It might have been a drawn Test, but for Ellyse Perry, the Pink-Ball outing against India was a memorable moment.
In the pantheon of greats of the game, Ellyse Perry is a perfect candidate to be inducted into the ICC Hall of Fame.
Thus far, there are twenty nine Australians who form the ICC Hall of Fame, at present. Ellyse Perry, who’s won the decorated Rachael Heyhoe Flint award already, isn’t one of them.
But one reckons, time’s right for the famous Aussie to kangaroo leap into cricket’s most prized decoration.
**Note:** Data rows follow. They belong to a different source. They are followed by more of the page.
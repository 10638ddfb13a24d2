-- ===== src/Passes.antt =====
-- passes/services.py: what a pass covers, what is left on it, and how a redemption is undone.

pub mod Balance
use boxoffice.Common.{
  ℕ, zero, suc, ◌+◌, ◌-◌, ◌*◌, ◌/◌, ◌%◌, ◌≤◌, ◌<◌, ◌≡◌, refl, sym, ap, subst, ◌∙◌, ◌≢◌, ◌⊎◌, inl,
  inr, ◌↔◌, Bool, true, false, not, ◌&&◌, ◌||◌, Option, none, some, List, [], ◌∷◌, ◌++◌, map, arith,
  ltb, leb, ◌==◌, if◌then◌else◌, ltb→lt, lt→ltb, leb→le, ==_iff, ==_refl, &&_split, Bool-cases,
  Option-cases, is_key, is_some, or_else, length, select, find_first, any, update_where, sum_by,
  All, contains, replicate, order_by, count_by, is_empty, insert_by,
}
use boxoffice.Common.Int.{
  ℤ, pos, negsuc, pos_part, neg_part, sub_ℕ, ◌+ℤ◌, ◌-ℤ◌, ◌≤ℤ◌, ltb_ℤ, leb_ℤ, scale, max_ℤ, min_ℤ,
  +ℤ_parts, -ℤ_parts, scale_parts, eq_of_parts, int_laws,
}
use boxoffice.Common.Text.{Text, codes, lower, text_eq, is_blank, upper, strip, text_eq_iff}
use boxoffice.Common.Results.{
  Result, ok, err, ◌>>=◌, ◌>>◌, raise_if, bind_ok, OnOk, OnOk-ok, ok-injective, err-ne-ok,
  Result-cases,
}
use boxoffice.Db.{
  Db, Organization, Performance, Section, Seat, PriceTier, PricingZone, GaAllocation, HoldSeat,
  Hold, SeatBlock, OrderStatus, Order, ItemKind, OrderItem, TicketStatus, Ticket, PaymentStatus,
  Payment, GuestAccount, PassKind, PassStatus, PassProduct, PassPurchase, PassRedemption, is_void,
}

abbrev pub is_flex : PassKind → Bool
is_flex PassKind.flex = true
is_flex PassKind.season = false

abbrev pub is_pass_active : PassStatus → Bool
is_pass_active PassStatus.active = true
is_pass_active other = false

abbrev pub is_exhausted : PassStatus → Bool
is_exhausted PassStatus.exhausted = true
is_exhausted other = false

-- `bound is not None and test(bound)`
abbrev pub beyond : Option ℕ → (ℕ → Bool) → Bool
beyond none test = false
beyond (some t) test = test t

unfoldable pub get_active_products : Db → ℕ → List PassProduct
get_active_products db organization =
    select (λ p. p.organization == organization && p.is_active) db.pass_products

unfoldable pub pass_covers_performance : PassPurchase → Performance → Bool
pass_covers_performance p performance =
    if not (is_empty p.covered_events) && not (contains performance.event p.covered_events)
    then false
    else if beyond p.valid_from (λ t. ltb performance.starts_at t)
    then false
    else if beyond p.valid_until (λ t. ltb t performance.starts_at)
    then false
    else true

unfoldable pub redeemable_now : PassPurchase → ℕ → Bool
redeemable_now p now =
    if not (is_pass_active p.status)
    then false
    else if beyond p.valid_until (λ t. ltb t now)
    then false
    else true

-- `.distinct()`: the last occurrence of each, as only their number is read.
abbrev pub distinct : List ℕ → List ℕ
distinct [] = []
distinct (x ∷ xs) = let rest = distinct xs in if contains x rest then rest else x ∷ rest

abbrev pub redemptions_of : Db → ℕ → List PassRedemption
redemptions_of db pass = select (λ r. r.pass_purchase == pass) db.pass_redemptions

abbrev pub events_of : List PassRedemption → List ℕ
events_of [] = []
events_of (r ∷ rest) = r.event ∷ events_of rest

-- None is no bound. The subtraction stops at 0, as `max(..., 0)` does.
unfoldable pub remaining_admissions : Db → PassPurchase → Option ℕ
remaining_admissions db p =
    if is_flex p.kind
    then p.credits_remaining
    else if length p.covered_events == 0
    then none
    else some (length p.covered_events - length (distinct (events_of (redemptions_of db p.id))))

-- `credits_by_pass[pass]`
abbrev pub credits_for : ℕ → List PassRedemption → ℕ
credits_for pass rows = sum_by (λ r. r.credits_used) (select (λ r. r.pass_purchase == pass) rows)

abbrev give_back : PassPurchase → ℕ → PassPurchase
give_back p restored = elim p.credits_remaining [
  | none ↦ p
  | some c ↦ if restored == 0 then p else record p { credits_remaining = some (c + restored) }
]

abbrev revive : PassPurchase → PassPurchase
revive p =
    if is_exhausted p.status && ltb 0 (or_else p.credits_remaining 0)
    then record p { status = PassStatus.active }
    else p

-- One turn of the loop over the passes of an order.
abbrev pub restore_purchase : PassPurchase → ℕ → PassPurchase
restore_purchase p restored = revive (give_back p restored)

unfoldable pub restore_redemptions_for_order : Db → ℕ → Db × ℕ
restore_redemptions_for_order db order =
    let redemptions = select (λ r. r.order == order) db.pass_redemptions in
    if is_empty redemptions then (db, 0) else (
      record db {
        pass_redemptions = select (λ r. not (r.order == order)) db.pass_redemptions;
        pass_purchases =
            update_where (λ p. any (λ r. r.pass_purchase == p.id) redemptions)
              (λ p. restore_purchase p (credits_for p.id redemptions)) db.pass_purchases;
      },
      length redemptions,
    )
Reasons there are many, but perhaps it makes sense to list out just one among them. For starters, Ellyse Perry recently became only the third bowler in women’s game’s all-time list to clock 300 dismissals.
Read that again.
Only the third woman after the ageless Jhulan Goswami and the tireless Katherine Brunt to have done so.
A feat no ordinary in achievement but extraordinarily inspiring in that Ellyse Perry has become the first Australian- male or female- to strike a triple century of dismissals.
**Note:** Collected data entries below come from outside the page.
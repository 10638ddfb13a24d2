-- ===== src/Payments/PassRedemption.antt =====
-- payments/services.py's fulfill_hold_with_pass: a pass is spent on the seats of a hold. The pass is
-- named by its pk, as the call fetches it again under its lock.

pub mod Minted
pub mod Uses
pub mod Burn
pub mod Checked
pub mod Used
pub mod Credits
use boxoffice.Common.Results.{map_err}
use boxoffice.Guests.{get_or_create_for_email, record_marketing_opt_in}
use boxoffice.Orders.Money.{ga_parts, hold_donation}
use boxoffice.Orders.Availability.{find_last}
use boxoffice.Payments.Fulfill.{FulfillError, create_order, fulfill_tickets, delete_hold, guest_id}
use boxoffice.Passes.{is_flex, pass_covers_performance, redeemable_now}
use boxoffice.Common.Decimal.{decimal}
use boxoffice.Common.{
  ℕ, ◌-◌, Bool, true, false, not, ◌&&◌, ◌||◌, Option, none, some, List, [], ◌∷◌, ◌++◌, map, ltb,
  leb, ◌==◌, if◌then◌else◌, is_key, is_some, or_else, length, select, find_first, any, update_where,
}
use boxoffice.Common.Int.{ℤ, pos, ltb_ℤ}
use boxoffice.Common.Text.{Text, codes, is_blank}
use boxoffice.Common.Results.{Result, ok, err, ◌>>=◌, ◌>>◌, raise_if}
use boxoffice.Db.{
  Db, Hold, OrderStatus, Order, OrderItem, Ticket, PaymentStatus, GuestAccount, PassStatus,
  PassPurchase, PassRedemption,
}

pub data RedeemError : Type 0 where
  hold_gone has_promo has_donation pass_missing other_tenant not_active not_covered : RedeemError
  nothing_to_redeem too_few_credits one_seat_per_show already_used : RedeemError
  fulfillment : FulfillError → RedeemError

abbrev pub ticket_count : Hold → ℕ
ticket_count hold = elim (ga_parts hold) [ some (tier, q) ↦ q | none ↦ length hold.hold_seats ]

abbrev pub credits : PassPurchase → ℕ
credits p = or_else p.credits_remaining 0

abbrev pub is_used_for : ℕ → ℕ → PassRedemption → Bool
is_used_for pass event r = r.pass_purchase == pass && r.event == event

-- The budget of admissions, for either kind of pass.
abbrev pub check_budget : Db → PassPurchase → ℕ → ℕ → Result RedeemError (Unit {0})
check_budget db p event n =
    if is_flex p.kind
    then raise_if (ltb (credits p) n) RedeemError.too_few_credits
    else if not (n == 1)
    then err RedeemError.one_seat_per_show
    else raise_if (any (is_used_for p.id event) db.pass_redemptions) RedeemError.already_used

abbrev pub holder : Db → Hold → PassPurchase → Text → Text → Db × Option GuestAccount
holder db hold p buyer_email buyer_name = elim p.guest [
  | some k ↦ (db, find_first (λ g. g.id == k) db.guests)
  | none ↦
      let (db', guest, created) =
        get_or_create_for_email db hold.organization (some buyer_email) buyer_name in
      (db', guest)
]

-- The pass's own guest, else the one of the buyer's email, with the consent that the buyer gave.
abbrev pub attach_holder :
    Db → Hold → PassPurchase → Text → Text → Bool → ℕ → Db × Option GuestAccount
attach_holder db hold p buyer_email buyer_name marketing_opt_in now =
    let (db', guest) = holder db hold p buyer_email buyer_name in
    (if marketing_opt_in then record_marketing_opt_in db' guest now else db', guest)

abbrev pub redemption_order : (ℕ → Text) → Db → Hold → Text → Text → Option GuestAccount → Order
redemption_order new_token db hold buyer_email buyer_name guest = record {
  id = db.next_id;
  organization = hold.organization;
  performance = some hold.performance;
  buyer_email = buyer_email;
  buyer_name = buyer_name;
  guest = guest_id guest;
  promo_code_text = [];
  discount_amount = pos 0;
  total = pos 0;
  status = OrderStatus.paid;
  stripe_checkout_session_id = none;
  token = new_token db.next_id;
}

abbrev unit_or_zero : Option OrderItem → ℤ
unit_or_zero none = pos 0
unit_or_zero (some item) = item.unit_amount

-- What the ticket would have cost: the amount of its seat's line, or of the order's last line without
-- a seat.
abbrev pub face_value : List OrderItem → Ticket → ℤ
face_value items t = elim t.seat [
  | none ↦ unit_or_zero (find_last (λ i. not (is_some i.seat)) items)
  | some s ↦ unit_or_zero (find_last (λ i. is_key i.seat s) items)
]

abbrev pub new_redemption : Db → Hold → Order → PassPurchase → ℕ → Ticket → PassRedemption
new_redemption db hold order p credits_used t = record {
  organization = hold.organization;
  pass_purchase = p.id;
  order = order.id;
  ticket = t.id;
  performance = hold.performance;
  event = (db.performance hold.performance).event;
  seat = t.seat;
  face_value = face_value (select (λ i. i.order == order.id) db.items) t;
  credits_used = credits_used;
}

-- unique_season_event_redemption
abbrev pub is_season_use : ℕ → ℕ → PassRedemption → Bool
is_season_use pass event r = r.pass_purchase == pass && r.event == event && r.credits_used == 0

abbrev pub is_second_use : List PassRedemption → PassRedemption → Bool
is_second_use rows r = r.credits_used == 0 && any (is_season_use r.pass_purchase r.event) rows

-- The loop over the order's tickets.
unfoldable pub record_uses :
    List PassRedemption → List PassRedemption → Result RedeemError (List PassRedemption)
record_uses rows [] = ok rows
record_uses rows (r ∷ new) = elim (is_second_use rows r) [
  | true ↦ err RedeemError.already_used
  | false ↦ record_uses (rows ++ r ∷ []) new
]

abbrev pub burn : ℕ → PassPurchase → PassPurchase
burn left p = record p {
  credits_remaining = some left;
  status = if left == 0 then PassStatus.exhausted else p.status;
}

abbrev pub burn_credits : Db → PassPurchase → ℕ → Db
burn_credits db p n =
    if is_flex p.kind
    then record db {
      pass_purchases = update_where (λ q. q.id == p.id) (burn (credits p - n)) db.pass_purchases;
    }
    else db

unfoldable pub create_pass_payment : Db → Order → ℕ → Db
unfolding decimal
create_pass_payment db order pass = record db {
  payments =
      db.payments
      ++ record {
        order = order.id;
        provider = codes "pass";
        amount = pos 0;
        status = PaymentStatus.succeeded;
        provider_ref = codes "pass-" ++ decimal pass;
      }
        ∷ [];
}

-- The tests before anything is written.
unfoldable pub check_redemption : Db → Hold → PassPurchase → ℕ → Result RedeemError (Unit {0})
check_redemption db hold p now = do
  raise_if (not (p.organization == hold.organization)) RedeemError.other_tenant
  raise_if (not (redeemable_now p now)) RedeemError.not_active
  raise_if (not (pass_covers_performance p (db.performance hold.performance)))
      RedeemError.not_covered
  raise_if (ticket_count hold == 0) RedeemError.nothing_to_redeem
  check_budget db p (db.performance hold.performance).event (ticket_count hold)

-- A hold with a promo code or a gift is not redeemed.
unfoldable pub check_hold : Hold → ℕ → Result RedeemError (Unit {0})
check_hold hold now = do
  raise_if (leb hold.expires_at now) RedeemError.hold_gone
  raise_if (is_some hold.promo_code || not (is_blank hold.promo_code_text)) RedeemError.has_promo
  raise_if (ltb_ℤ (pos 0) (hold_donation hold)) RedeemError.has_donation

abbrev pub fetch_pass : Db → ℕ → Result RedeemError PassPurchase
fetch_pass db pass = elim (find_first (λ q. q.id == pass) db.pass_purchases) [
  | none ↦ err RedeemError.pass_missing
  | some p ↦ ok p
]

abbrev pub uses_of : Db → Hold → Order → PassPurchase → List PassRedemption
uses_of db hold order p =
    map (new_redemption db hold order p (if is_flex p.kind then 1 else 0))
      (select (λ t. t.order == order.id) db.tickets)

module _ (new_token : ℕ → Text) where
  -- Once the tests have passed.
  unfoldable pub spend : Db → Hold → PassPurchase → Order → Result RedeemError (Db × Order)
  unfolding fulfill_tickets create_order create_pass_payment
  spend db hold p order = do
    with_order ← map_err RedeemError.fulfillment (create_order db order)
    minted ← map_err RedeemError.fulfillment (fulfill_tickets new_token with_order hold order)
    rows ← record_uses minted.pass_redemptions (uses_of minted hold order p)
    let used = record minted { pass_redemptions = rows }
    let paid = create_pass_payment (burn_credits used p (ticket_count hold)) order p.id
    ok (delete_hold paid hold, order)

  unfoldable pub fulfill_hold_with_pass :
      Db → Hold → ℕ → Text → Text → Bool → ℕ → Result RedeemError (Db × Order)
  unfolding check_hold check_redemption spend
  fulfill_hold_with_pass db hold pass buyer_email buyer_name marketing_opt_in now = do
    check_hold hold now
    p ← fetch_pass db pass
    check_redemption db hold p now
    let (db', guest) = attach_holder db hold p buyer_email buyer_name marketing_opt_in now
    spend db' hold p (redemption_order new_token db' hold buyer_email buyer_name guest)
Yet, knowing her penchant for all round athleticism and that instinct for domination, you cannot help but think that the Wahroonga-born cricketer wouldn’t make a huge deal about the world record achievement, distinguished that it may be.
Certainly, the soon-to-be 31-year-old’s mindset would’ve been a tad bit different had the drawn Test against India had gone in her team’s favour.
It was, nonetheless, another exhibition of quintessential “Pez-ness,” as one would call it.
The recent Test was historic in that for the first time ever did two of the mightiest cricketing sides in the women’s sport locked horns in a battle that featured the pink-not the red-ball.
Yet, Ellyse Perry, who’s been out for well over a year from the international game, stood out.
First, the right-arm medium pacer and watchful batter contributed with a fine 2 for 74 and later, that she remained unbeaten in both innings with the bat.
Her unbeaten 68 was just the third Test match fifty for the batter who also has to her credit a massive double century and that too, against the English, a knock that appeared during the peak of an Ashes series.
Though there was more to the fifty by a cricketer who’s often admired also for being good looking and good looking alone.
Had Perry not stuck to the crease for 285 minutes to compile her sixty eight, one doesn’t know what would’ve become of Australia, who somehow managed to put 241 on the board in front of a huge first-inning Indian score of 377, of which Mandhana alone accounted for 127 runs.
In a game that doesn’t rest much for mediocrity, contributing from both bat and ball is more than a stylised statement, it’s a signature of intent, one that’s nothing at the end of the day without execution.
It’s precisely here where Ellyse Perry has struck gold
An all-rounder who’s cultivated the image of a redoubtable athlete who’s ever willing to put herself on the line for the glory of Australia, Perry has been around for a long long time.
What strikes us often, as it should, are debates centred on when might the women’s IPL happen. Then there are some who waste no time whatsoever before offering moral lectures in the wake of comparing the current firmament of the women’s game to the menfolk.
What doesn’t strike us that often is the fact that Ellyse Perry has been serving Australia and in turn, making the sport a den of the driven since 2007.
You read that right.
Once just a teen age girl who burst on the international scene at Darwin, debuting under the great Karen Rolton, Ellyse Perry today is leading the charge of the next generation of Australian cricketers devoted to the cause of extending the country’s dominance over the sport.
Only her captain’s have changed, one inspirational leader in Rolton making way to the incredible Meg Lanning. What’s also changed perhaps is the greater frequency of white-ball games.
What hasn’t, however, is Ellyse Perry and her penchant for nagging pace and accuracy and the technically sound batting that oozes a sense of dependability.
The results are for everyone to see- 152 ODI wickets, 5,000 international runs, and as seen at the pink-ball outing, 300 international wickets.
The smile, very balanced and hoppy run-up as well as the ability to focus amid pressure and drive Australia to greatness is intact.
Superb news for Oz. Not the best, however, for Australia’s opponents.